The IR spectrum of methamphetamine hydrochloride in a potassium chloride salt matrix is very specific, and GC/FTIR is excellent at separating the components of a methamphetamine sample. However, this method requires great care in selecting the optimized temperature and flow parameters, and column selection.
GC/MS is the method most often used for identifying heroin. The mass spectrum of heroin is very specific. Heroin is relatively simple to separate, and identification of the degradation products and the by-products of the heroin synthesis, from morphine and acetic anhydride, is relatively straightforward. Because morphine is derived from opium, many of the by-products from the opium processing are carried over to the final heroin product. Acetylcodeine and acetylmorphine are clearly identified from the corresponding mass spectra. The GC/FTIR also provides excellent spectra for making identifications of heroin, its by-products, degradation products, and precursors. The chloroform insoluble diluents from heroin samples can also be identified in a potassium bromide matrix by FTIR. These materials will usually consist of sugars such as mannitol and inositol. When the heroin has been isolated from diluents and adulterants, FTIR and NMR can be utilized to confirm the salt form of the heroin.

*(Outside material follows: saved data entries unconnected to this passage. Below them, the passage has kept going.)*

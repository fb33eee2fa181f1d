-- ===== src/Cmd.antt =====
-- cmd/node and cmd/gossip_bench: what the commands read from a flag and check themselves.
pub mod Peers
pub mod Bench
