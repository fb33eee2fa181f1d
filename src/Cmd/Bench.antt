-- ===== src/Cmd/Bench.antt =====
-- cmd/gossip_bench/main.go: the loop that waits until the nodes agree, and the check after it.
pub mod Agreement
mod Tests
use uav.Base.{
  ℕ, ◌+◌, ltb, Bool, true, false, Option, none, some, String, List, [], ◌∷◌, if◌then◌else◌, length,
  string_key,
}
use uav.Base.Map
use uav.Base.Map.{is_some}
use uav.Algorithm.Gossip.{State}

-- What the select statement receives: the deadline, or a tick with the time since the start and the
-- snapshots of the nodes' states.
pub data Event : Type 0 where
  deadline : Event
  tick : ℕ → List State → Event

-- allConverged.
unfoldable pub all_converged : ℕ → List State → Bool
all_converged expected_keys [] = true
all_converged expected_keys (snap ∷ snaps) =
    let rest = all_converged expected_keys snaps in
    if ltb (length snap) expected_keys then false else rest

-- convergenceLoop, with convergedAt when it is left, or none if it still waits after these events.
unfoldable pub convergence_loop : ℕ → List Event → Option ℕ
convergence_loop expected_keys [] = none
convergence_loop expected_keys (deadline ∷ es) = some 0
convergence_loop expected_keys (tick elapsed snaps ∷ es) =
    let rest = convergence_loop expected_keys es in
    if all_converged expected_keys snaps then some elapsed else rest

-- How many of the keys a state does not have.
unfoldable pub missing : List String → State → ℕ
missing [] snap = 0
missing (key ∷ keys) snap =
    let rest = missing keys snap in if is_some (Map.get key snap) then rest else rest + 1

-- allMatch.
unfoldable pub all_match : List String → List State → Bool
all_match keys [] = true
all_match keys (snap ∷ snaps) =
    let rest = all_match keys snaps in if ltb 0 (missing keys snap) then false else rest
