-- ===== src/Cmd/Bench/Agreement.antt =====
-- The number of entries tells whether a state has all keys.
use uav.Base.{
  Key, ◌+◌, ◌<◌, ◌≤◌, ◌≡◌, refl, sym, ap, ◌∙◌, ltb, not, ◌&&◌, Bool, true, false, String, List, [],
  ◌∷◌, if◌then◌else◌, length, string_key, arith, inl, inr, Bool-cases,
}
use uav.Base.Map
use uav.Base.Map.{keys, listed, listed-keys, is_some}
use uav.Algorithm.Gossip.{State}
use uav.Cmd.Bench.{all_converged, missing, all_match}

module _ {K : Type 0} ⦃key : Key K⦄ where
  -- No key occurs twice.
  abbrev pub are_distinct : List K → Bool
  are_distinct [] = true
  are_distinct (k ∷ ks) = not (listed k ks) && are_distinct ks

  abbrev pub Within : List K → List K → Type 0
  Within xs ys = (k : K) → listed k xs ≡ true → listed k ys ≡ true

  unfoldable without : K → List K → List K
  without k [] = []
  without k (j ∷ js) = let rest = without k js in if key.same j k then rest else j ∷ rest

  length-without : (k : K) (ys : List K) → length (without k ys) ≤ length ys
  unfolding without
  length-without k [] = omega arith
  length-without k (j ∷ ys) = ground (arith, length-without k ys)

  length-without-listed :
      (k : K) (ys : List K) → listed k ys ≡ true → length (without k ys) < length ys
  unfolding without
  length-without-listed k [] l = cc
  length-without-listed k (j ∷ ys) l = elim (Bool-cases (key.same j k)) [
    | inl this ↦ rw this (ground (arith, length-without k ys))
    | inr other ↦ rw other (ground (arith, l, other, length-without-listed k ys))
  ]

  listed-without :
      (j k : K) (ys : List K) → key.same k j ≡ false → listed j (without k ys) ≡ listed j ys
  unfolding without
  listed-without j k [] other = refl
  listed-without j k (i ∷ ys) other = ground (
    arith,
    other,
    key.same_iff k j,
    key.same_iff i k,
    key.same_iff i j,
    listed-without j k ys other,
  )

  Within-without :
      (k : K) (xs ys : List K) → listed k xs ≡ false → Within xs ys → Within xs (without k ys)
  Within-without k xs ys absent h j l = elim (Bool-cases (key.same k j)) [
    | inl same ↦
        absurd (ground (arith, absent, ap (λ i. listed i xs) ((key.same_iff k j).0 same), l))
    | inr other ↦ listed-without j k ys other ∙ h j l
  ]

  pub length-Within :
      (xs ys : List K) → are_distinct xs ≡ true → Within xs ys → length xs ≤ length ys
  length-Within [] ys d h = omega arith
  length-Within (x ∷ xs) ys d h =
      let here = h x (ground (arith, Map.same_refl x)) in
      let fewer = length-without-listed x ys here in
      let rest =
        length-Within xs (without x ys) (ground (arith, d))
          (Within-without x xs ys (ground (arith, d)) λ k l. h k (ground (arith, l))) in
      omega (arith, fewer, rest)

  -- As many distinct ones as there are, are all of them.
  pub length-Within_all :
      (xs ys : List K)
      → are_distinct xs ≡ true
      → Within xs ys
      → length ys ≤ length xs
      → Within ys xs
  length-Within_all xs ys d h enough k l = elim (Bool-cases (listed k xs)) [
    | inl there ↦ there
    | inr absent ↦ absurd (
        omega (
          arith,
          length-Within xs (without k ys) d (Within-without k xs ys absent h),
          length-without-listed k ys l,
          enough,
        ))
  ]

length-keys : (m : State) → length (keys m) ≡ length m
length-keys [] = refl
length-keys (e ∷ m) = omega (arith, length-keys m)

missing-Within : (ks : List String) (m : State) → Within ks (keys m) → missing ks m ≡ 0
unfolding missing
missing-Within [] m h = refl
missing-Within (k ∷ ks) m h =
    let here : is_some (Map.get k m) ≡ true =
      sym (listed-keys k m) ∙ h k (ground (arith, Map.same_refl k)) in
    rw here (missing-Within ks m λ j l. h j (ground (arith, l)))

Within-missing : (ks : List String) (m : State) → missing ks m ≡ 0 → Within ks (keys m)
unfolding missing
Within-missing [] m e j l = cc
Within-missing (k ∷ ks) m e j l = elim (Bool-cases (is_some (Map.get k m))) [
  | inl there ↦
      let rest : missing (k ∷ ks) m ≡ missing ks m = rw there refl in
      elim (Bool-cases (string_key.same k j)) [
        | inl same ↦
            ap (λ i. listed i (keys m)) (sym ((string_key.same_iff k j).0 same))
            ∙ listed-keys k m
            ∙ there
        | inr other ↦ Within-missing ks m (sym rest ∙ e) j (ground (arith, l, other))
      ]
  | inr absent ↦
      let rest : missing (k ∷ ks) m ≡ missing ks m + 1 = rw absent refl in
      absurd (omega (arith, rest, e))
]

-- States with no other keys than these.
abbrev pub HaveOnly : List String → List State → Type 0
HaveOnly ks [] = Unit
HaveOnly ks (snap ∷ snaps) =
    (are_distinct (keys snap) ≡ true) × Within (keys snap) ks × HaveOnly ks snaps

few-missing :
    (ks : List String) (m : State)
    → are_distinct ks ≡ true
    → are_distinct (keys m) ≡ true
    → Within (keys m) ks
    → ltb (length m) (length ks) ≡ ltb 0 (missing ks m)
few-missing ks m different distinct only = elim (Bool-cases (ltb 0 (missing ks m))) [
  | inr all_there ↦
      let back = Within-missing ks m (ground (arith, all_there)) in
      let enough = length-Within ks (keys m) different back in
      ground (arith, all_there, enough, length-keys m)
  | inl some_missing ↦ elim (Bool-cases (ltb (length m) (length ks))) [
    | inl few ↦ few ∙ sym some_missing
    | inr many ↦ absurd (
        ground (
          arith,
          some_missing,
          missing-Within ks m
              (length-Within_all (keys m) ks distinct only (ground (arith, many, length-keys m))),
        ))
  ]
]

-- If the states have no keys but those that the nodes set, each at most once, then the test of the number
-- of entries, by which the loop decides that the nodes have converged, tells the same as the check of
-- every key of every node after it.
pub all_converged-all_match :
    (ks : List String) (snaps : List State)
    → are_distinct ks ≡ true
    → HaveOnly ks snaps
    → all_converged (length ks) snaps ≡ all_match ks snaps
unfolding all_converged all_match
all_converged-all_match ks [] different only = refl
all_converged-all_match ks (snap ∷ snaps) different (distinct, within, rest) =
    let same = few-missing ks snap different distinct within in
    let others = all_converged-all_match ks snaps different rest in rw (same, others) refl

Phencyclidine, more properly identified as phenylcyclohexylpiperidine (PCP), is usually submitted to the laboratory as an exhibit of PCP base in diethly ether, a powder, or sprayed or coated on marijuana. The analysis of PCP is relatively direct by GC/MS. The resulting mass spectrum is specific. The GC/FTIR spectrum of PCP is not as specific when one compares this spectrum with that of PCP analogues and precursors such as phenylcyclohexyl carbonitrile (PCC) and phenylcyohexyl pyrrolidine (PCPy). FTIR spectrophotometry of the solid in a potassium bromide matrix is very specific. A word of caution is in order for anyone handling PCP. PCP is a substance that is believed to be easily absorbed through the skin of the analyst. Minimum handling is recommended.